I saw employees picking up fresh food from the shelves and walking through the checkout line without paying. Not something you see outside Silicon Valley corporations. I tried to do the same; pick my food and walk out without paying. The cashier stopped me and said I did have to pay. I asked why the others did not. The answer—they paid by slip. They gave the cashier their employee number, which was then sent to payroll for payroll deduction on payday. So, everyone was paying, but the employer was deducting it at the end of the pay-cycle. “Aha,” I said, and moved on.

That evening I happened to meet the CFO over drinks and I asked him what if one of your employees came to you and asked for a $300 advance? He looked at me strangely and said, “Simple, we are a compassionate employer. The person would fill out a form, submit to the supervisor and in 5 working days the funds would be available to them.” He looked at me very proudly.

I asked him what if the person needed the money more urgently and lets also assume this person had already earned that money so it wasn’t really a loan but access to funds already earned but unpaid? The CFO said, “I don’t run a charity. The employee can go elsewhere to get the money.”

“Like where?” I inquired.

He said, “The church perhaps?”

I quietly walked away. There were over a dozen payday lenders around this business; each with well-lit windows. No church was in sight.

This conversation haunted me for a couple of years. On the side, I kept digging into data from the Fed and Pew research. And I did what any engineer would do: model the problem and try to solve it.

Here is what I found.

  • A typical lower income American was paying close to $150 per month or close to $2000 per year in fees for entirely avoidable reasons.
  • A total of $170 billion was collected yearly by small and big players—banks and non-banks.
    • $6-8 Billion for Payday loans (about $35 each time)
    • $25 Billion for overdraft fees (about $35 per incident)
    • $27 Billion in subprime and title loan fees
    • $10 billion in late fees
    • $43 Billion in subprime auto and buy here pay here loans

Given that lower income workers were averaging around $40K per year that translated to 5% of their earnings.

More importantly, further analysis revealed that these fees could have been avoided if workers had timely access to small dollar amounts of around $100 to $500.

I wondered, why are the ones who could least afford it being taxed in this way?

I did the normal American thing at this point; I gave this problem a name – Fin-Tax, (We all dislike taxes, and this was amounting to a Financial Tax), I Formed a company – PayActiv, and I set out to fix it the problem.
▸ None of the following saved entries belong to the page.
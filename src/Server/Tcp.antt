-- ===== src/Server/Tcp.antt =====
-- edio24_svr_process_tcp of src/libedio24.c. What rand() returns, and what the local variables hold
-- that no statement sets before they are read, come in as arguments.
pub mod Laws
pub mod Process
use libedio.Base.{ℕ, zero, suc, ◌+◌, ◌-◌, ◌*◌, ◌%◌, ◌^◌, Option, none, some, List, [], ◌∷◌}
use libedio.Base.{Bool, true, false, ◌||◌, ◌&&◌, not, ltb, ◌==◌, if◌then◌else◌, ◌>>=◌}
use libedio.Base.{Buffer, load, store, ℤ, pos, negsuc, is_negative}
use mathlib.Core.Option
use libedio.Protocol.{
  cmd_din_r, cmd_dout_r, cmd_dout_w, cmd_dconf_r, cmd_dconf_w, cmd_counter_r, cmd_counter_w,
  cmd_conf_mem_r, cmd_conf_mem_w, cmd_usr_mem_r, cmd_usr_mem_w, cmd_set_mem_r, cmd_set_mem_w,
  cmd_boot_mem_r, cmd_boot_mem_w, cmd_blinkled, cmd_status, cmd_network_conf, msg_success,
  msg_error_protocol, msg_error_parameter, msg_error_other, msg_index_frame, msg_index_data,
  pkt_length_min,
}
use libedio.Packet.Verify.{read_hdr_command, read_hdr_count, pkt_verify}
use libedio.Packet.Read.{read_value}
use libedio.Packet.Respond.{create_respond}

-- What the pointers of a call show.
pub record Pointers : Type 0 where
  pub buffer_out : Option Buffer
  pub sz_out : Option ℕ
  pub sz_processed : Option ℕ
  pub sz_needed_in : Option ℕ
  pub sz_needed_out : Option ℕ

-- The value of rand(), and the indeterminate contents of `address` and `sz_data`.
pub record Chance : Type 0 where
  pub rand : ℕ
  pub address : ℕ
  pub sz_data : ℕ

abbrev pub Result : Type 0
Result = Option (ℤ × Pointers)

-- The cases of the switch over the command.
pub data Case : Type 0 where
  pins pin_write plain counter status_word network boot led unsupported : Case
  ranged : ℕ → Case

abbrev pub contains : List ℕ → ℕ → Bool
contains [] a = false
contains (x ∷ xs) a = a == x || contains xs a

unfoldable pub case_of : ℕ → Case
case_of cmd =
    if contains (cmd_din_r ∷ cmd_dconf_r ∷ cmd_dout_r ∷ []) cmd
    then pins
    else if contains (cmd_dconf_w ∷ cmd_dout_w ∷ []) cmd
    then pin_write
    else if contains
        (cmd_counter_w ∷ cmd_conf_mem_w ∷ cmd_usr_mem_w ∷ cmd_set_mem_w ∷ cmd_boot_mem_w ∷ []) cmd
    then plain
    else if cmd == cmd_counter_r
    then counter
    else if cmd == cmd_status
    then status_word
    else if cmd == cmd_network_conf
    then network
    else if cmd == cmd_usr_mem_r
    then ranged 0x0EEF
    else if cmd == cmd_conf_mem_r
    then ranged 0x0F
    else if cmd == cmd_set_mem_r
    then ranged 0xFF
    else if cmd == cmd_boot_mem_r
    then boot
    else if cmd == cmd_blinkled
    then led
    else unsupported

-- What the switch leaves: `ret` set to -1 or not, the status, and the byte size of the data.
pub record Switched : Type 0 where
  pub supported : Bool
  pub status : ℕ
  pub len_data : ℕ

-- (sz_data < 1) || (sz_data > 1024) || (address > max_address) || (address + sz_data > max_address)
abbrev pub out_of_range : ℕ → ℕ → ℕ → Bool
out_of_range max_address address sz_data =
    ltb sz_data 1
    || ltb 1024 sz_data
    || ltb max_address address
    || ltb max_address ((address + sz_data) % 2 ^ 32)

-- The switch. Where a value is read only to be printed, the read is kept and its result dropped.
pub switch : Case → Buffer → ℕ → Chance → ℕ → Option Switched
switch pins b sz_in c status = some (record { supported = true; status = status; len_data = 3 })
switch pin_write b sz_in c status = do
  _mask ← read_value (some b) sz_in 0 3 (some 0)
  _value ← read_value (some b) sz_in 3 3 (some 0)
  some (record { supported = true; status = status; len_data = 0 })
switch plain b sz_in c status = some (record { supported = true; status = status; len_data = 0 })
switch counter b sz_in c status = some (record { supported = true; status = status; len_data = 4 })
switch status_word b sz_in c status =
    some (record { supported = true; status = status; len_data = 2 })
switch network b sz_in c status = some (record { supported = true; status = status; len_data = 12 })
switch (ranged max_address) b sz_in c status = do
  (_, address) ← read_value (some b) sz_in 0 2 (some c.address)
  (_, sz_data) ← read_value (some b) sz_in 2 2 (some c.sz_data)
  let len = Option.get_or sz_data 0
  some (
      if out_of_range max_address (Option.get_or address 0) len
      then record { supported = true; status = msg_error_parameter; len_data = 0 }
      else record { supported = true; status = status; len_data = len % 2 ^ 16 })
switch boot b sz_in c status = do
  (_, sz_data) ← read_value (some b) sz_in 2 2 (some c.sz_data)
  some (record { supported = true; status = status; len_data = Option.get_or sz_data 0 % 2 ^ 16 })
switch led b sz_in c status = do
  _value ← read_value (some b) sz_in 0 1 (some 0)
  some (record { supported = true; status = status; len_data = 0 })
switch unsupported b sz_in c status =
    some (record { supported = false; status = status; len_data = 0 })

-- for (i = 0; i < len_data; i++) buffer_out[MSG_INDEX_DATA + i] = (1 + i) & 0xFF
pub fill : Buffer → ℕ → ℕ → Option Buffer
fill b zero i = some b
fill b (suc left) i = store b (msg_index_data + i) ((1 + i) % 256) >>= λ b'. fill b' left (i + 1)

-- sizeof (buffer_out): the size of a pointer, eight bytes where `size_t` has 64 bits.
abbrev pub sizeof_buffer_out : ℕ
sizeof_buffer_out = 8

-- The data and the reply. What edio24_pkt_create_respond returns is dropped.
pub reply : Buffer → ℕ → ℕ → ℕ → ℕ → Option Buffer → Pointers → Result
reply b cmd count status len_data none p = none
reply b cmd count status len_data (some out) p = do
  out₁ ← fill out len_data 0
  frame ← load b msg_index_frame
  (_, out₂) ← create_respond (some out₁) sizeof_buffer_out cmd frame status len_data (some out₁)
  some (
    pos 0,
    record p {
      buffer_out = out₂;
      sz_processed = some (pkt_length_min + count);
      sz_out = some (pkt_length_min + len_data);
    },
  )

-- The test of the room for the reply.
pub answer : Buffer → ℕ → ℕ → Switched → Option ℕ → Pointers → Result
unfolding reply fill
answer b cmd count s none p = none
answer b cmd count s (some sz_out) p =
    if ltb sz_out (msg_index_data + 1 + s.len_data)
    then some (
      pos 1,
      record p { sz_needed_out = some (msg_index_data + 1 + s.len_data - sz_out); sz_out = some 0 },
    )
    else reply b cmd count s.status s.len_data p.buffer_out p

-- `ret` after the verification: 0, or 2 for a damaged packet
abbrev pub ret_of : ℤ → ℕ
ret_of (pos zero) = 0
ret_of (pos (suc n)) = 2
ret_of (negsuc n) = 2

-- The status: a damaged packet, a failure by chance, or success.
abbrev pub status_of : Bool → ℕ → ℕ → ℕ
status_of force_fail rand zero = if force_fail then rand % msg_error_other + 1 else msg_success
status_of force_fail rand (suc n) = msg_error_protocol

-- `ret != 0` returns before the reply; the default case of the switch makes it -1.
pub conclude : Buffer → ℕ → ℕ → ℕ → Switched → Pointers → Result
unfolding answer
conclude b cmd count ret s p =
    if not s.supported
    then some (negsuc 0, p)
    else if not (ret == 0)
    then some (pos ret, p)
    else answer b cmd count s p.sz_out p

-- a packet that is there in full
pub process_packet : Bool → Buffer → ℕ → Chance → ℕ → ℕ → Pointers → Result
unfolding conclude switch
process_packet force_fail b sz_in c cmd count p = do
  verdict ← pkt_verify (some b) sz_in
  let ret = ret_of verdict
  s ← switch (case_of cmd) b sz_in c (status_of force_fail c.rand ret)
  conclude b cmd count ret s p

-- the test of the size against the count of the header
pub process_counted : Bool → Buffer → ℕ → Chance → ℕ → ℤ → ℕ → Pointers → Result
unfolding process_packet
process_counted force_fail b sz_in c cmd ret count p =
    if is_negative ret
    then some (negsuc 0, p)
    else if ltb sz_in (msg_index_data + 1 + count)
    then some (pos 1, record p { sz_needed_in = some (msg_index_data + 1 + count - sz_in) })
    else process_packet force_fail b sz_in c cmd count p

-- the header, behind the test of the least size
pub process_header : Bool → Buffer → ℕ → Chance → Pointers → Result
unfolding process_counted
process_header force_fail b sz_in c p = do
  (_, cmd) ← read_hdr_command (some b) sz_in (some 0)
  (ret, count) ← read_hdr_count (some b) sz_in (some 0)
  process_counted force_fail b sz_in c (Option.get_or cmd 0) ret (Option.get_or count 0) p

pub process_sized : Bool → Buffer → ℕ → Chance → Pointers → Result
unfolding process_header
process_sized force_fail b sz_in c p =
    if ltb sz_in (msg_index_data + 1)
    then some (pos 1, record p { sz_needed_in = some (msg_index_data + 1 - sz_in) })
    else process_header force_fail b sz_in c p

-- `if (NULL == pointer) return -1;` with what follows it
abbrev pub require : Option ℕ → Result → Result → Result
require none refused next = refused
require (some _) refused next = next

unfoldable pub svr_process_tcp : Bool → Option Buffer → ℕ → Chance → Pointers → Result
unfolding process_sized
svr_process_tcp force_fail none sz_in c p = some (negsuc 0, p)
svr_process_tcp force_fail (some b) sz_in c p =
    let p₁ = record p { sz_processed = some 0 } in
    let p₂ = record p₁ { sz_needed_in = some 0 } in
    let p₃ = record p₂ { sz_needed_out = some 0 } in
    require p.sz_processed (some (negsuc 0, p)) (
      require p.sz_needed_in (some (negsuc 0, p₁))
        (require p.sz_needed_out (some (negsuc 0, p₂)) (process_sized force_fail b sz_in c p₃)))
My solution was based on a simple thesis. The money is there, it is just stuck in the system. Like a third world country, our distribution system is inefficient. We are not too different from Third World Countries where millions die even when there is plenty of food, or plenty of resources. Quite a few countries come to mind. All in the Third World.

Coming back to the US – I had to determine where is the inefficiency?

  • The minimum wage or level of pay is what it is. A political issue. Not for me to touch.
  • The structure of pay, basically taxes, are what they are. Another political issue. Not for me to touch.
  • But the timing of pay is a variable that was available.

Money gets stuck because of timing. It is this timing of pay that I set out to fix.

Today, there is $140 Billion every week that is earned but unpaid. These are funds that employees have earned but cannot access because payroll systems are a batch process.

Simultaneously, the same employees, disproportionately the lower income, hourly wage workers, are taking overdraft hits, taking out payday loans, paying late fees to make ends meet. Up to $2,000 per year. A total of $170 billion.

Given this dire situation, why is a lower income worker giving a 2-week loan to their employer while paying alternative sources $150 every month in fees for between paycheck financing?

Imagine you are a business owner. Let’s say you run a coffee shop. You pay your landlord in advance, right? You pay your vendors upon delivery or set terms, yes? Your customers pay you upon receiving your service, true? So why are your employees waiting 2 weeks to get paid?

In those 2 weeks they are accumulating debt from payday lenders, online lenders, etc.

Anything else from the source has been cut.